Internet.- Google hat seine Suchmaschine radikal überarbeitet. Bisher sind die Neuerungen aber erst in den USA zu sehen. Wissenschaftsjournalist Marcus Schuler erklärt im Gespräch mit Manfred Kloiber, was die Suche mit Google persönlicher machen soll und wie die Änderungen bisher angekommen sind.

14.01.2012
    Manfred Kloiber: Google will die Suche persönlicher gestalten. Dazu hat das kalifornische Unternehmen diese Woche seine Suchmaschine einer radikalen Überarbeitung unterzogen. Herausgekommen ist ein Mix an gewohnten Suchergebnissen sowie persönlichen Informationen. Noch ist diese neue Funktionalität nur in den USA freigeschaltet, Marcus Schuler, aber viel Lob hat Google scheinbar nicht dafür erhalten?

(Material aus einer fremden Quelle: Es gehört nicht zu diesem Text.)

-- ===== src/Account.antt =====
-- What the account services change: rows of the database, and the effects on Supabase, on the Redis
-- cache and on the Celery broker, each as the list of what was accepted, oldest first.
pub mod Deletion
pub mod Erasure
mod Tests
use pid_docs.Prelude.{ℕ, String, Bool, List, ◌++◌, [], ◌∷◌}
use pid_docs.Db.{User, Subscription, AuditLog, MlTrainingConsent}

-- An argument of a Celery task: a text, or a dict of texts.
pub data Value : Type 0 where
  text : String → Value
  dict : List (String × String) → Value

-- `celery_app.send_task(task, args, queue, countdown)`
pub record Message : Type 0 where
  pub task : String
  pub args : List Value
  pub queue : String
  pub countdown : ℕ

pub record World : Type 0 where
  pub users : List User
  pub subscriptions : List Subscription
  pub audit_log : List AuditLog
  pub consents : List MlTrainingConsent
  pub signed_out : List ℕ
  pub flags_dropped : List ℕ
  pub sent : List Message

-- The exceptions that leave a service.
pub data Error : Type 0 where
  database_error integrity_error value_error : Error
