-- ===== src/Prelude/Exec.antt =====
-- Python calls that mutate and may raise: what was written before a raise stays written, so the
-- state comes back beside the error too.
use mathlib.Core.Path.{◌≡◌, refl}
use mathlib.Core.Logic.{◌⊎◌, inl, inr}

pub data Result {ℓ} (E A : Type ℓ) : Type ℓ where
  ok : A → Result E A
  err : E → Result E A

pub Result-cases {ℓ} :
    {E A : Type ℓ} (r : Result E A) → ((e : E) × (r ≡ err e)) ⊎ ((a : A) × (r ≡ ok a))
Result-cases (ok a) = inr (a, refl)
Result-cases (err e) = inl (e, refl)

abbrev pub Exec {ℓ} : Type ℓ → Type ℓ → Type ℓ → Type ℓ
Exec S E A = S → Result E A × S

module _ {ℓ} {S E A : Type ℓ} where
  abbrev pub pure : A → Exec S E A
  pure a s = (ok a, s)

  abbrev pub raise : E → Exec S E A
  raise e s = (err e, s)

  abbrev pub gets : (S → A) → Exec S E A
  gets f s = (ok (f s), s)

  -- `except Exception: pass`: whatever was raised, the handler's value is returned.
  abbrev pub catch : Exec S E A → A → Exec S E A
  catch m a s = let (r, s') = m s in elim r [ ok b ↦ (ok b, s') | err e ↦ (ok a, s') ]

infixl 5 ◌>>=◌ ◌>>◌
abbrev pub ◌>>=◌ {ℓ} : {S E A B : Type ℓ} → Exec S E A → (A → Exec S E B) → Exec S E B
◌>>=◌ m f s = let (r, s') = m s in elim r [ ok a ↦ f a s' | err e ↦ (err e, s') ]

abbrev pub ◌>>◌ {ℓ} : {S E A B : Type ℓ} → Exec S E A → Exec S E B → Exec S E B
m >> k = m >>= λ _. k

abbrev pub modify {ℓ} : {S E : Type ℓ} → (S → S) → Exec S E Unit
modify f s = (ok tt, f s)
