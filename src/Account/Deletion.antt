-- ===== src/Account/Deletion.antt =====
-- services/gdpr_init_service.py: the start of a right-to-erasure.
pub mod Laws
use pid_docs.Prelude.{ℕ, ◌*◌, String, text_eq, Bool, none, some, [], ◌∷◌, ◌++◌, if◌then◌else◌}
use pid_docs.Prelude.Exec.{ok, err, Exec, ◌>>=◌, ◌>>◌, modify}
use pid_docs.Db.{User, get_user, update_user}
use pid_docs.Account.{text, World, Error, database_error}

-- What happens outside while one request runs: the clock, and which calls succeed.
pub record Outside : Type 0 where
  pub now : ℕ
  pub environment : String
  pub commits : Bool
  pub signs_out : Bool
  pub drops_flags : Bool
  pub enqueues : Bool

abbrev pub gdpr_erasure_task_name : String
gdpr_erasure_task_name = "backend.app.workers.gdpr.tasks.gdpr_erasure_task"

abbrev pub gdpr_erasure_queue : String
gdpr_erasure_queue = "gdpr_erasure"

unfoldable pub erasure_countdown : String → ℕ
erasure_countdown environment = if text_eq environment "production" then 30 * 24 * 3600 else 0

-- the user row with both timestamps
abbrev pub deleted : ℕ → User → User
deleted now u = record u { deleted_at = some now; token_invalidated_at = some now }

-- `str` writes a UUID out.
module _ (str : ℕ → String) (out : Outside) where
  -- both timestamps, in one commit
  soft_delete : ℕ → Exec World Error Unit
  soft_delete uid w =
      if out.commits
      then (ok tt, record w { users = update_user uid (deleted out.now) w.users })
      else (err database_error, w)

  -- The three best-effort calls: a failure is logged and swallowed.
  sign_out : ℕ → World → World
  sign_out uid w = if out.signs_out then record w { signed_out = w.signed_out ++ uid ∷ [] } else w

  drop_flags : ℕ → World → World
  drop_flags uid w =
      if out.drops_flags then record w { flags_dropped = w.flags_dropped ++ uid ∷ [] } else w

  enqueue : ℕ → World → World
  unfolding erasure_countdown
  enqueue uid w =
      if out.enqueues
      then record w {
        sent =
            w.sent
            ++ record {
              task = gdpr_erasure_task_name;
              args = text (str uid) ∷ [];
              queue = gdpr_erasure_queue;
              countdown = erasure_countdown out.environment;
            }
              ∷ [];
      }
      else w

  begin_erasure : ℕ → Exec World Error Unit
  unfolding soft_delete sign_out drop_flags enqueue
  begin_erasure uid = do
    soft_delete uid
    modify (sign_out uid)
    modify (drop_flags uid)
    modify (enqueue uid)

  unfoldable pub initiate_account_deletion : ℕ → Exec World Error Unit
  unfolding begin_erasure
  initiate_account_deletion uid w = elim (get_user uid w.users) [
    | none ↦ (ok tt, w)
    | some user ↦ elim user.deleted_at [ some t ↦ (ok tt, w) | none ↦ begin_erasure uid w ]
  ]
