-- ===== src/Prelude/Text.antt =====
-- Python's text methods over native strings, for texts of ASCII characters: `lower`, `strip`,
-- `lstrip`, `partition`, `startswith` and the truth of a text.
use Prim.Native.Nat.{ℕ, zero, suc, ◌+◌, ◌-◌, ◌%◌}
use Prim.Native.Char.{Char, IsScalar, char, code}
use Prim.Native.String.{String}
use Prim.Native.String as Text
use mathlib.Core.Option
use mathlib.Core.Option.{Option, none, some}
use mathlib.Core.Logic.{inl, inr}
use text.Mathlib.TextEquality.{Char-path}
use text.Mathlib.TextLemmas.{nil-append, cons-append}
use mathlib.Core.Path.{◌≡◌, refl, ap, sym, ◌∙◌}
use mathlib.Core.Bool.{Bool, true, false, ◌&&◌, ◌||◌}
use native.Mathlib.Omega.{arith}
use pid_docs.Prelude.Tests.{Bool-cases, Option-cases, leb, ◌==◌, if◌then◌else◌}

-- `not s`
abbrev pub is_empty : String → Bool
is_empty String.[] = true
is_empty (String.◌∷◌ c s) = false

pub letter-IsScalar : (k : ℕ) → IsScalar (97 + k % 26)
letter-IsScalar k = ground arith

-- the lower-case letter at a position of the alphabet
letter : ℕ → Char
letter k = char (97 + k % 26) (letter-IsScalar k)

lower_char : Char → Char
unfolding letter
lower_char c = if leb b'A' (code c) && leb (code c) b'Z' then letter (code c - b'A') else c

unfoldable pub lower : String → String
unfolding lower_char
lower String.[] = String.[]
lower (String.◌∷◌ c s) = String.◌∷◌ (lower_char c) (lower s)

lower_char_idem : (c : Char) → lower_char (lower_char c) ≡ lower_char c
unfolding lower_char
lower_char_idem c = ground arith

pub lower_idem : (s : String) → lower (lower s) ≡ lower s
unfolding lower
lower_idem String.[] = refl
lower_idem (String.◌∷◌ c s) = cc (lower_char_idem c, lower_idem s)

-- The code points of Python's white space, that of `str.isspace` and of `\s` on texts
unfoldable pub is_white : ℕ → Bool
is_white c =
    (leb 9 c && leb c 13)
    || ((leb 28 c && leb c 32)
        || (c == 133
            || (c == 160
                || (c == 5760
                    || ((leb 8192 c && leb c 8202)
                        || (c == 8232
                            || (c == 8233 || (c == 8239 || (c == 8287 || c == 12288)))))))))

is_space : Char → Bool
unfolding is_white
is_space c = is_white (code c)

-- `s.lstrip(chars)` for a test on characters
abbrev pub lstrip_where : (Char → Bool) → String → String
lstrip_where p String.[] = String.[]
lstrip_where p (String.◌∷◌ c s) = if p c then lstrip_where p s else String.◌∷◌ c s

abbrev pub rstrip_where : (Char → Bool) → String → String
rstrip_where p String.[] = String.[]
rstrip_where p (String.◌∷◌ c s) =
    let r = rstrip_where p s in if is_empty r && p c then String.[] else String.◌∷◌ c r

unfoldable pub strip : String → String
unfolding is_space
strip s = rstrip_where is_space (lstrip_where is_space s)

-- the parts of `s.partition(" ")` before and behind the first space
unfoldable pub partition : String → String × String
partition String.[] = (String.[], String.[])
partition (String.◌∷◌ c s) =
    let rest = partition s in if code c == 32 then (String.[], s) else (String.◌∷◌ c rest.0, rest.1)

text_methods :
    (lower "BeArer" ≡ "bearer")
    × (strip " a b\n" ≡ "a b")
    × (partition "Bearer x y" ≡ ("Bearer", "x y"))
    × (partition "Bearer" ≡ ("Bearer", ""))
unfolding lower strip partition
text_methods = (refl, refl, refl, refl)

-- `s[:n]`
unfoldable pub prefix : ℕ → String → String
prefix zero s = String.[]
prefix (suc n) String.[] = String.[]
prefix (suc n) (String.◌∷◌ c s) = String.◌∷◌ c (prefix n s)

-- `s.split("@", 1)[0]`
unfoldable pub until : String → String
until String.[] = String.[]
until (String.◌∷◌ c s) =
    let rest = until s in if code c == b'@' then String.[] else String.◌∷◌ c rest

-- the parts before and behind the first character with this code
unfoldable pub split_at : ℕ → String → Option (String × String)
split_at k String.[] = none
split_at k (String.◌∷◌ c s) =
    let rest = split_at k s in
    if code c == k
    then some (String.[], s)
    else Option.map (λ (p : String × String). (String.◌∷◌ c p.0, p.1)) rest

pub split_at-append :
    (d : Char) (p r : String)
    → split_at (code d) p ≡ none
    → split_at (code d) (Text.◌++◌ p (String.◌∷◌ d r)) ≡ some (p, r)
unfolding split_at
split_at-append d String.[] r e = rw (nil-append (String.◌∷◌ d r)) (ground arith)
split_at-append d (String.◌∷◌ c p) r e = elim (Bool-cases (code c == code d)) [
  | inl f ↦ absurd (ground arith)
  | inr f ↦ elim (Option-cases (split_at (code d) p)) [
    | inl n ↦ rw (cons-append c p) (rw f (rw (split_at-append d p r n) refl))
    | inr (x, n) ↦ absurd (ground arith)
  ]
]

pub append-split_at :
    (d : Char) (n h r : String)
    → split_at (code d) n ≡ some (h, r)
    → n ≡ Text.◌++◌ h (String.◌∷◌ d r)
unfolding split_at
append-split_at d String.[] h r e = cc
append-split_at d (String.◌∷◌ c n) h r e = elim (Bool-cases (code c == code d)) [
  | inl f ↦
      let same : c ≡ d = Char-path c d (ground arith) in
      let g : String.[] ≡ h = ground arith in
      let k : n ≡ r = ground arith in
      rw same (rw (← g) (rw (← k) (sym (nil-append (String.◌∷◌ d n)))))
  | inr f ↦ elim (Option-cases (split_at (code d) n)) [
    | inl n ↦ absurd (ground arith)
    | inr ((h', r'), q) ↦
        let g : String.◌∷◌ c h' ≡ h = ground arith in
        let k : r' ≡ r = ground arith in
        rw (← g) (
          rw (← k) (
            ap (λ (s : String). String.◌∷◌ c s) (append-split_at d n h' r' q)
            ∙ sym (cons-append c h' (String.◌∷◌ d r'))))
  ]
]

    Marcus Schuler: Die Überarbeitung ist auch noch frisch. Ich glaube, man muss einfach noch ein Weilchen abwarten. Am Ende entscheiden natürlich die Nutzer. Auch die Internetwelt kann bisweilen sehr hysterisch sein. Das zeigte sich gerade diese Woche. Richtig ist: Die Kritik an den neuen Funktionalitäten in der Suchmaske fiel ungewöhnlich heftig aus. Sie kam von Datenschützern und von Konkurrenten wie Twitter gleichermaßen. Und die aus Sicht von Google vermutlich schlimmste Hiobsbotschaft traf erst vor wenigen Stunden ein: Vermutlich wird sich die amerikanische Wirtschaftsaufsicht mit der ganzen Geschichte beschäftigen und in sein Kartellverfahren, das ja läuft, gegen Google mit aufnehmen.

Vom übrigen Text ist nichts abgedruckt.